* [TASK BRIEF]: Go through the data below and copy each line where the word "antt" occurs.
RECORD EXTRACTS START
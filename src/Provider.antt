-- ===== src/Provider.antt =====
-- The data provider, data-provider/.
pub mod Rows
pub mod Samples
pub mod Reader
pub mod Mapper
pub mod Metrics
pub mod Speed
pub mod SensorClassifier
pub mod Producer
pub mod Command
RECORD EXTRACTS END
* [ANSWER]:
filename src/Provider.antt
-- ===== src/Provider.antt =====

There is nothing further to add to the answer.